(Stored data)
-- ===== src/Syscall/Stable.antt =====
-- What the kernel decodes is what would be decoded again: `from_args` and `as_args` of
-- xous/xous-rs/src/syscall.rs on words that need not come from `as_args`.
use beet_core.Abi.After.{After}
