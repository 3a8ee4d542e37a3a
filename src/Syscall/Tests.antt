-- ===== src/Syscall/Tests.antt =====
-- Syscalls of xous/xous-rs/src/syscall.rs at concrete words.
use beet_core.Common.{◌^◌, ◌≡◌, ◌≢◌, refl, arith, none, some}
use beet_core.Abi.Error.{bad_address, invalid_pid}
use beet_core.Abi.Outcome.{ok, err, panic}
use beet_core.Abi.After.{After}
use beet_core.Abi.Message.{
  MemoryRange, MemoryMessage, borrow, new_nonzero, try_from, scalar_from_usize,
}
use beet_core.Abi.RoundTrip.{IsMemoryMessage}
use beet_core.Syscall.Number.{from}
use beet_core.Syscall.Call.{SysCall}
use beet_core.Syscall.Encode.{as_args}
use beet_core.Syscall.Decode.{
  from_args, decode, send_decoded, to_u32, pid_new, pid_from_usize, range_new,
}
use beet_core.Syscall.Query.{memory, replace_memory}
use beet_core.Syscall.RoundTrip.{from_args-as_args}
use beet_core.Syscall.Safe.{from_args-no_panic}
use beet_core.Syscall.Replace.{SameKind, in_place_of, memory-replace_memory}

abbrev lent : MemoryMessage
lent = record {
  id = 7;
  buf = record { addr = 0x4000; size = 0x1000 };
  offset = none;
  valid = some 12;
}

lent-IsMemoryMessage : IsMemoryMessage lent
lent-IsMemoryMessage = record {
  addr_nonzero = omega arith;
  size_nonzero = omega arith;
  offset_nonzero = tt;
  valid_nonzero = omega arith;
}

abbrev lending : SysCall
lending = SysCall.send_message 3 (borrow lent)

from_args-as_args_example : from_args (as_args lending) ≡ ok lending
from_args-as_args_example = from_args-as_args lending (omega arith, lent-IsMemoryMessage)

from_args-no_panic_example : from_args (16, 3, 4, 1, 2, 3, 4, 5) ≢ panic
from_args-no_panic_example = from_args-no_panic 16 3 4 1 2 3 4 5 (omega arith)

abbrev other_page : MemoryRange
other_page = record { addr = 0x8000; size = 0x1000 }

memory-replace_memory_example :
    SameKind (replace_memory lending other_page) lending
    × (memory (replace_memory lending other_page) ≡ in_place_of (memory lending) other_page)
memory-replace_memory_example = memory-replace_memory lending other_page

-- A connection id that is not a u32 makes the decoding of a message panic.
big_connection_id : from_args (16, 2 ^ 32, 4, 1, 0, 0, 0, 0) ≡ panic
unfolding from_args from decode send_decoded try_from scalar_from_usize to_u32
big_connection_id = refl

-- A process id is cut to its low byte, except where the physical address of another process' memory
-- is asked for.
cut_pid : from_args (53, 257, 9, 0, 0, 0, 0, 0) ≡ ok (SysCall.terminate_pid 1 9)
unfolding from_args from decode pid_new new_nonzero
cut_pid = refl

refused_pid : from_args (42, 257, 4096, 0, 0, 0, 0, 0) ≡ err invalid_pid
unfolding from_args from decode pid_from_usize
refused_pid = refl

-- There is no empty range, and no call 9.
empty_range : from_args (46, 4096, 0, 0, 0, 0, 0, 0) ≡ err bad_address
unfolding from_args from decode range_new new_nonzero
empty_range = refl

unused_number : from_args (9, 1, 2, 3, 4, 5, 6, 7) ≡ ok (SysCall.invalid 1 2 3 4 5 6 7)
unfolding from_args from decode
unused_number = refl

# WORK INSTRUCTIONS:
From the very first line of the data through the line with "-- ===== src/Syscall/Tests.antt" in it, please reproduce each line exactly and output nothing more.

# ANSWER SECTION:
-- ===== src/Syscall/Stable.antt =====
-- What the kernel decodes is what would be decoded again: `from_args` and `as_args` of
-- xous/xous-rs/src/syscall.rs on words that need not come from `as_args`.
use beet_core.Abi.After.{After}
repository 3a8ee4d542e37a3a
filename src/Syscall/Tests.antt
-- ===== src/Syscall/Tests.antt =====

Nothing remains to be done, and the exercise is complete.